Where are the real bread-and-butter issues?
I had to phone the HMRC’s tax credits helpline last week. I had to report that my household income had risen this month. I’m obliged to do so for fear of the most appalling consequences if I don’t. I can’t apparently do so online, at least until my annual information pack arrives in July.
The experience was so infuriating and has made me think rather differently about the election campaign.
The helpline is not a freephone, it’s an 0345 number. I had to hang on twice – first for an hour and a quarter, after which someone rang my front door bell and I had to ring off. Then I tried again and eventually got through the switchboard after 45 minutes. That is about 120 minutes at 9p a minute which comes to just over £10 I paid for the privilege of hanging on listening to their music tape.
I can afford £10, though it is infuriating that I should have to pay for their official incompetence. If I had been too poor for a landline and had to hang on via a mobile at the rate of up to 40p a minute, that is nearly £50 I would have been expected to pay via my phone bill. Just to do what the law insists or to ask advice about it.
That kind of incompetence, enforced with all the weight of the law, is absolutely scandalous. Yet it apparently has no place in this or any other election campaign.
So I sympathise with Aditya Chakraborrty and agree with him about the issues that are not being hammered out in this election. It is hard to list any that have, at least in any way that spreads light rather than confusion.
Labour says nothing (though the announcements about housing today were at least a shot in vaguely the right direction, though it wouldn’t have the right effect. And the Conservatives say nothing, and stay silent about how they are going to pay for it. When they do say anything, the others say something fatuous about their “sums not adding up”.
I agree with Nick Tyrone also that the lack of debate, lack of ideas has also been staggering. Dull in the extreme as the Westminster village gets excited about the prime minister’s football allegiances. But the issues, in what is supposed to be the most important election for a generation, go undiscussed.
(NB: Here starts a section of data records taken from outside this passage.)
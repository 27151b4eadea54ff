-- ===== src/Ledger/Transfers.antt =====
-- CreditBalance, DebitBalance, TransferBalance and SwapBalance (internal/repo/ledger.go).
pub mod Steps
pub mod Laws
use dex_backend.Base.{ℕ, [], ◌∷◌, not, ltb, ◌==◌, if◌then◌else◌}
use dex_backend.Result.{Result, Err}
use dex_backend.Text.Bytes.{Str}
use dex_backend.Schema.{LedgerDb}
use dex_backend.Tx.{Tx, ◌>>=◌, ◌>>◌, check, transact}
use dex_backend.Ledger.{lock_user, lock_balances_tx, credit_balance_tx, debit_balance_tx}

unfoldable pub credit_balance : ℕ → Str → Str → LedgerDb → Result (Unit {0}) × LedgerDb
credit_balance user asset raw = transact (credit_balance_tx user asset raw)

unfoldable pub debit_balance : ℕ → Str → Str → LedgerDb → Result (Unit {0}) × LedgerDb
debit_balance user asset raw = transact (debit_balance_tx user asset raw)

-- The two ids in ascending order, in which their rows are locked.
abbrev lower_id : ℕ → ℕ → ℕ
lower_id s r = if ltb r s then r else s

abbrev higher_id : ℕ → ℕ → ℕ
higher_id s r = if ltb r s then s else r

transfer_balance_tx : ℕ → ℕ → Str → Str → Tx LedgerDb (Unit {0})
transfer_balance_tx sender recipient asset raw = do
  check (not (sender == recipient)) Err.same_user
  lock_user (lower_id sender recipient)
  lock_user (higher_id sender recipient)
  lock_balances_tx (lower_id sender recipient ∷ higher_id sender recipient ∷ [])
  debit_balance_tx sender asset raw
  credit_balance_tx recipient asset raw

unfoldable pub transfer_balance : ℕ → ℕ → Str → Str → LedgerDb → Result (Unit {0}) × LedgerDb
unfolding transfer_balance_tx
transfer_balance sender recipient asset raw =
    transact (transfer_balance_tx sender recipient asset raw)

swap_balance_tx : ℕ → Str → Str → Str → Str → Tx LedgerDb (Unit {0})
swap_balance_tx user source source_raw destination destination_raw = do
  debit_balance_tx user source source_raw
  credit_balance_tx user destination destination_raw

unfoldable pub swap_balance : ℕ → Str → Str → Str → Str → LedgerDb → Result (Unit {0}) × LedgerDb
unfolding swap_balance_tx
swap_balance user source source_raw destination destination_raw =
    transact (swap_balance_tx user source source_raw destination destination_raw)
The traditional answer is that the election campaign must focus on ‘bread-and-butter’ issues. This usually means long screeds of meaningless statistics about childcare, wages or the cost of living.
What is doesn’t apparently encompass is the sheer incompetence and arrogant authoritarianism of the central government services the poor have to deal with, at great expense and inconvenience in time and money.
Of course it isn’t just the poor who are at the sharp end of this bread-and-butter issue. As a company director, I’ve been warned by Companies House that I must offer my one employee (me) a pension by 31 March or face a stiff fine. I’ve been warned to expect log-in details. But can they be bothered to send the log-in details by their own deadline? No, they can’t – and presumably the stiff fines they were preparing for me don’t apply to them.
This isn’t a complaint about privatised services – they are just as bad, just as arrogant, bullying and incompetent. This isn’t about public versus private, and is therefore not recognisable as a relevant election issue. Yet it affects everyone, every day.
Election issues need to be expressed in an approved way, with enough technocratic jargon to make them sufficiently obscure. They need to be about issues where there is some obvious division between the parties.
This doesn’t. Nor do all the other incompetences and inhumanity we have to deal with in the labyrinthine services, state and corporate, that we face every day. Yet personally, in my current mood, I would imprison whoever is responsible.